▸ **STORED DATA**:
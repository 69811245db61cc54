-- ===== src/Runtime/Nudge/Quiet.antt =====
-- The counts of what a nudge sends, and the steps that leave them.
use littleorgans.Base.{ℕ, zero, suc, ◌+◌, ◌≡◌, Bool, true, false, Option, none, some, List, [], ◌∷◌}
use littleorgans.Base.Action.Keeps.{
  Keeps, Keeps-pure, Keeps-bind, Keeps-gets, Keeps-if, keeps_rules,
}
use littleorgans.Runtime.Nudge.{
  Pane, Nudge, NudgeState, NudgeMode, NudgeTiming, Keys, PolicyOutcome, payload, submit, interrupt,
  immediate, wait, steer, ask_pane, send_to_pane, sleep_for, cancel_copy_mode, cancel_if,
  leave_copy_mode, probe_agent_busy, sleep_before, next_round, after_probe, idle_loop,
  wait_for_idle, steer_after, steer_if_busy, confirmed_or, sleep_unless_last, confirm_probes,
  submission_confirmed, policy,
}

abbrev pub payloads : List Keys → ℕ
payloads [] = 0
payloads (payload ∷ keys) = suc (payloads keys)
payloads (_ ∷ keys) = payloads keys

abbrev pub submits : List Keys → ℕ
submits [] = 0
submits (submit ∷ keys) = suc (submits keys)
submits (_ ∷ keys) = submits keys

-- The payload was sent `p` times and a lone submit `r` times.
abbrev pub Sent : ℕ → ℕ → NudgeState → Type 0
Sent p r s = (payloads s.sent ≡ p) × (submits s.sent ≡ r)

module _ (busy : List ℕ → Bool) (pane : Pane) where
  module _ (p r : ℕ) where
    pub Keeps-ask : {A : Type 0} (f : ℕ → Option A) → Keeps (Sent p r) (ask_pane busy pane f)
    unfolding ask_pane
    Keeps-ask f = record { at = λ s h. h }

    Keeps-cancel : Keeps (Sent p r) (cancel_copy_mode busy pane)
    unfolding cancel_copy_mode send_to_pane
    Keeps-cancel = record { at = λ s h. h }

    Keeps-interrupt : Keeps (Sent p r) (send_to_pane busy pane interrupt)
    unfolding send_to_pane
    Keeps-interrupt = record { at = λ s h. h }

    Keeps-sleep : (d : ℕ) → Keeps (Sent p r) (sleep_for busy pane d)
    unfolding sleep_for
    Keeps-sleep d = record { at = λ s h. h }

    Keeps-probe : Keeps (Sent p r) (probe_agent_busy busy pane)
    unfolding probe_agent_busy ask_pane
    Keeps-probe = record { at = λ s h. h }

    Keeps-cancel_if : (b : Bool) → Keeps (Sent p r) (cancel_if busy pane b)
    Keeps-cancel_if true = Keeps-cancel
    Keeps-cancel_if false = Keeps-pure _

    pub Keeps-leave_copy_mode : Keeps (Sent p r) (leave_copy_mode busy pane)
    unfolding leave_copy_mode
    Keeps-leave_copy_mode = search (keeps_rules, Keeps-ask, Keeps-cancel_if)

    Keeps-sleep_before :
        (timing : NudgeTiming) (deadline : ℕ) (rest : Nudge PolicyOutcome) (b : Bool)
        → Keeps (Sent p r) rest
        → Keeps (Sent p r) (sleep_before busy pane timing deadline rest b)
    Keeps-sleep_before timing deadline rest true k = Keeps-pure _
    Keeps-sleep_before timing deadline rest false k =
        Keeps-bind _ _ (Keeps-gets _) (λ now. Keeps-bind _ _ (Keeps-sleep _) (λ _. k))

    Keeps-next_round :
        (timing : NudgeTiming) (deadline : ℕ) (rest : Nudge PolicyOutcome)
        → Keeps (Sent p r) rest
        → Keeps (Sent p r) (next_round busy pane timing deadline rest)
    unfolding next_round
    Keeps-next_round timing deadline rest k =
        Keeps-bind _ _ (Keeps-gets _) (λ now. Keeps-sleep_before timing deadline rest _ k)

    Keeps-after_probe :
        (timing : NudgeTiming) (deadline idle : ℕ) (rest : ℕ → Nudge PolicyOutcome)
        (b : Option Bool)
        → ((n : ℕ) → Keeps (Sent p r) (rest n))
        → Keeps (Sent p r) (after_probe busy pane timing deadline idle rest b)
    Keeps-after_probe timing deadline idle rest none k = Keeps-pure _
    Keeps-after_probe timing deadline idle rest (some true) k = Keeps-next_round _ _ _ (k 0)
    Keeps-after_probe timing deadline idle rest (some false) k =
        Keeps-if _ _ _ (Keeps-pure _) (Keeps-next_round _ _ _ (k (idle + 1)))

    Keeps-idle_loop :
        (timing : NudgeTiming) (deadline fuel idle : ℕ)
        → Keeps (Sent p r) (idle_loop busy pane timing deadline fuel idle)
    unfolding idle_loop
    Keeps-idle_loop timing deadline zero idle = Keeps-pure _
    Keeps-idle_loop timing deadline (suc fuel) idle =
        Keeps-bind _ _ Keeps-probe
          (λ b. Keeps-after_probe timing deadline idle _ b (Keeps-idle_loop timing deadline fuel))

    Keeps-wait_for_idle : (timing : NudgeTiming) → Keeps (Sent p r) (wait_for_idle busy pane timing)
    unfolding wait_for_idle
    Keeps-wait_for_idle timing = search (keeps_rules, Keeps-idle_loop)

    Keeps-steer_after :
        (timing : NudgeTiming) (b : Option Bool) → Keeps (Sent p r) (steer_after busy pane timing b)
    Keeps-steer_after timing none = Keeps-pure _
    Keeps-steer_after timing (some true) =
        search (keeps_rules, Keeps-interrupt, Keeps-wait_for_idle)
    Keeps-steer_after timing (some false) = Keeps-pure _

    pub Keeps-policy :
        (mode : NudgeMode) (timeout_ms : Option ℕ)
        → Keeps (Sent p r) (policy busy pane mode timeout_ms)
    unfolding steer_if_busy
    Keeps-policy immediate timeout_ms = Keeps-pure _
    Keeps-policy wait timeout_ms = Keeps-wait_for_idle _
    Keeps-policy steer timeout_ms = search (keeps_rules, Keeps-probe, Keeps-steer_after)

    Keeps-confirmed_or :
        (rest : Nudge Bool) (b : Option Bool)
        → Keeps (Sent p r) rest
        → Keeps (Sent p r) (confirmed_or busy pane rest b)
    Keeps-confirmed_or rest none k = Keeps-pure _
    Keeps-confirmed_or rest (some true) k = Keeps-pure _
    Keeps-confirmed_or rest (some false) k = k

    Keeps-sleep_unless_last :
        (left : ℕ) (rest : Nudge Bool)
        → Keeps (Sent p r) rest
        → Keeps (Sent p r) (sleep_unless_last busy pane left rest)
    Keeps-sleep_unless_last zero rest k = Keeps-pure _
    Keeps-sleep_unless_last (suc _) rest k = Keeps-bind _ _ (Keeps-sleep _) (λ _. k)

    Keeps-confirm_probes : (left : ℕ) → Keeps (Sent p r) (confirm_probes busy pane left)
    unfolding confirm_probes
    Keeps-confirm_probes zero = Keeps-pure _
    Keeps-confirm_probes (suc left) =
        Keeps-bind _ _ Keeps-probe
          (λ b. Keeps-confirmed_or _ b (Keeps-sleep_unless_last left _ (Keeps-confirm_probes left)))

    pub Keeps-submission_confirmed : Keeps (Sent p r) (submission_confirmed busy pane)
    unfolding submission_confirmed
    Keeps-submission_confirmed = Keeps-confirm_probes 3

▸ **BRIEF**:
Put down all the data once more, exactly as it appears above.

▸ **TASK ANSWER**:
repository 69811245db61cc54
-- ===== src/Runtime/Nudge/Quiet.antt =====
-- The counts of what a nudge sends, and the steps that leave them.
use littleorgans.Base.{ℕ, zero, suc, ◌+◌, ◌≡◌, Bool, true, false, Option, none, some, List, [], ◌∷◌}
use littleorgans.Base.Action.Keeps.{
  Keeps, Keeps-pure, Keeps-bind, Keeps-gets, Keeps-if, keeps_rules,
}
use littleorgans.Runtime.Nudge.{
  Pane, Nudge, NudgeState, NudgeMode, NudgeTiming, Keys, PolicyOutcome, payload, submit, interrupt,
  immediate, wait, steer, ask_pane, send_to_pane, sleep_for, cancel_copy_mode, cancel_if,
  leave_copy_mode, probe_agent_busy, sleep_before, next_round, after_probe, idle_loop,
  wait_for_idle, steer_after, steer_if_busy, confirmed_or, sleep_unless_last, confirm_probes,
  submission_confirmed, policy,
}

abbrev pub payloads : List Keys → ℕ
payloads [] = 0
payloads (payload ∷ keys) = suc (payloads keys)
payloads (_ ∷ keys) = payloads keys

abbrev pub submits : List Keys → ℕ
submits [] = 0
submits (submit ∷ keys) = suc (submits keys)
submits (_ ∷ keys) = submits keys

-- The payload was sent `p` times and a lone submit `r` times.
abbrev pub Sent : ℕ → ℕ → NudgeState → Type 0
Sent p r s = (payloads s.sent ≡ p) × (submits s.sent ≡ r)

module _ (busy : List ℕ → Bool) (pane : Pane) where
  module _ (p r : ℕ) where
    pub Keeps-ask : {A : Type 0} (f : ℕ → Option A) → Keeps (Sent p r) (ask_pane busy pane f)
    unfolding ask_pane
    Keeps-ask f = record { at = λ s h. h }

    Keeps-cancel : Keeps (Sent p r) (cancel_copy_mode busy pane)
    unfolding cancel_copy_mode send_to_pane
    Keeps-cancel = record { at = λ s h. h }

    Keeps-interrupt : Keeps (Sent p r) (send_to_pane busy pane interrupt)
    unfolding send_to_pane
    Keeps-interrupt = record { at = λ s h. h }

    Keeps-sleep : (d : ℕ) → Keeps (Sent p r) (sleep_for busy pane d)
    unfolding sleep_for
    Keeps-sleep d = record { at = λ s h. h }

    Keeps-probe : Keeps (Sent p r) (probe_agent_busy busy pane)
    unfolding probe_agent_busy ask_pane
    Keeps-probe = record { at = λ s h. h }

    Keeps-cancel_if : (b : Bool) → Keeps (Sent p r) (cancel_if busy pane b)
    Keeps-cancel_if true = Keeps-cancel
    Keeps-cancel_if false = Keeps-pure _

    pub Keeps-leave_copy_mode : Keeps (Sent p r) (leave_copy_mode busy pane)
    unfolding leave_copy_mode
    Keeps-leave_copy_mode = search (keeps_rules, Keeps-ask, Keeps-cancel_if)

    Keeps-sleep_before :
        (timing : NudgeTiming) (deadline : ℕ) (rest : Nudge PolicyOutcome) (b : Bool)
        → Keeps (Sent p r) rest
        → Keeps (Sent p r) (sleep_before busy pane timing deadline rest b)
    Keeps-sleep_before timing deadline rest true k = Keeps-pure _
    Keeps-sleep_before timing deadline rest false k =
        Keeps-bind _ _ (Keeps-gets _) (λ now. Keeps-bind _ _ (Keeps-sleep _) (λ _. k))

    Keeps-next_round :
        (timing : NudgeTiming) (deadline : ℕ) (rest : Nudge PolicyOutcome)
        → Keeps (Sent p r) rest
        → Keeps (Sent p r) (next_round busy pane timing deadline rest)
    unfolding next_round
    Keeps-next_round timing deadline rest k =
        Keeps-bind _ _ (Keeps-gets _) (λ now. Keeps-sleep_before timing deadline rest _ k)

    Keeps-after_probe :
        (timing : NudgeTiming) (deadline idle : ℕ) (rest : ℕ → Nudge PolicyOutcome)
        (b : Option Bool)
        → ((n : ℕ) → Keeps (Sent p r) (rest n))
        → Keeps (Sent p r) (after_probe busy pane timing deadline idle rest b)
    Keeps-after_probe timing deadline idle rest none k = Keeps-pure _
    Keeps-after_probe timing deadline idle rest (some true) k = Keeps-next_round _ _ _ (k 0)
    Keeps-after_probe timing deadline idle rest (some false) k =
        Keeps-if _ _ _ (Keeps-pure _) (Keeps-next_round _ _ _ (k (idle + 1)))

    Keeps-idle_loop :
        (timing : NudgeTiming) (deadline fuel idle : ℕ)
        → Keeps (Sent p r) (idle_loop busy pane timing deadline fuel idle)
    unfolding idle_loop
    Keeps-idle_loop timing deadline zero idle = Keeps-pure _
    Keeps-idle_loop timing deadline (suc fuel) idle =
        Keeps-bind _ _ Keeps-probe
          (λ b. Keeps-after_probe timing deadline idle _ b (Keeps-idle_loop timing deadline fuel))

    Keeps-wait_for_idle : (timing : NudgeTiming) → Keeps (Sent p r) (wait_for_idle busy pane timing)
    unfolding wait_for_idle
    Keeps-wait_for_idle timing = search (keeps_rules, Keeps-idle_loop)

    Keeps-steer_after :
        (timing : NudgeTiming) (b : Option Bool) → Keeps (Sent p r) (steer_after busy pane timing b)
    Keeps-steer_after timing none = Keeps-pure _
    Keeps-steer_after timing (some true) =
        search (keeps_rules, Keeps-interrupt, Keeps-wait_for_idle)
    Keeps-steer_after timing (some false) = Keeps-pure _

    pub Keeps-policy :
        (mode : NudgeMode) (timeout_ms : Option ℕ)
        → Keeps (Sent p r) (policy busy pane mode timeout_ms)
    unfolding steer_if_busy
    Keeps-policy immediate timeout_ms = Keeps-pure _
    Keeps-policy wait timeout_ms = Keeps-wait_for_idle _
    Keeps-policy steer timeout_ms = search (keeps_rules, Keeps-probe, Keeps-steer_after)

    Keeps-confirmed_or :
        (rest : Nudge Bool) (b : Option Bool)
        → Keeps (Sent p r) rest
        → Keeps (Sent p r) (confirmed_or busy pane rest b)
    Keeps-confirmed_or rest none k = Keeps-pure _
    Keeps-confirmed_or rest (some true) k = Keeps-pure _
    Keeps-confirmed_or rest (some false) k = k

    Keeps-sleep_unless_last :
        (left : ℕ) (rest : Nudge Bool)
        → Keeps (Sent p r) rest
        → Keeps (Sent p r) (sleep_unless_last busy pane left rest)
    Keeps-sleep_unless_last zero rest k = Keeps-pure _
    Keeps-sleep_unless_last (suc _) rest k = Keeps-bind _ _ (Keeps-sleep _) (λ _. k)

    Keeps-confirm_probes : (left : ℕ) → Keeps (Sent p r) (confirm_probes busy pane left)
    unfolding confirm_probes
    Keeps-confirm_probes zero = Keeps-pure _
    Keeps-confirm_probes (suc left) =
        Keeps-bind _ _ Keeps-probe
          (λ b. Keeps-confirmed_or _ b (Keeps-sleep_unless_last left _ (Keeps-confirm_probes left)))

    pub Keeps-submission_confirmed : Keeps (Sent p r) (submission_confirmed busy pane)
    unfolding submission_confirmed
    Keeps-submission_confirmed = Keeps-confirm_probes 3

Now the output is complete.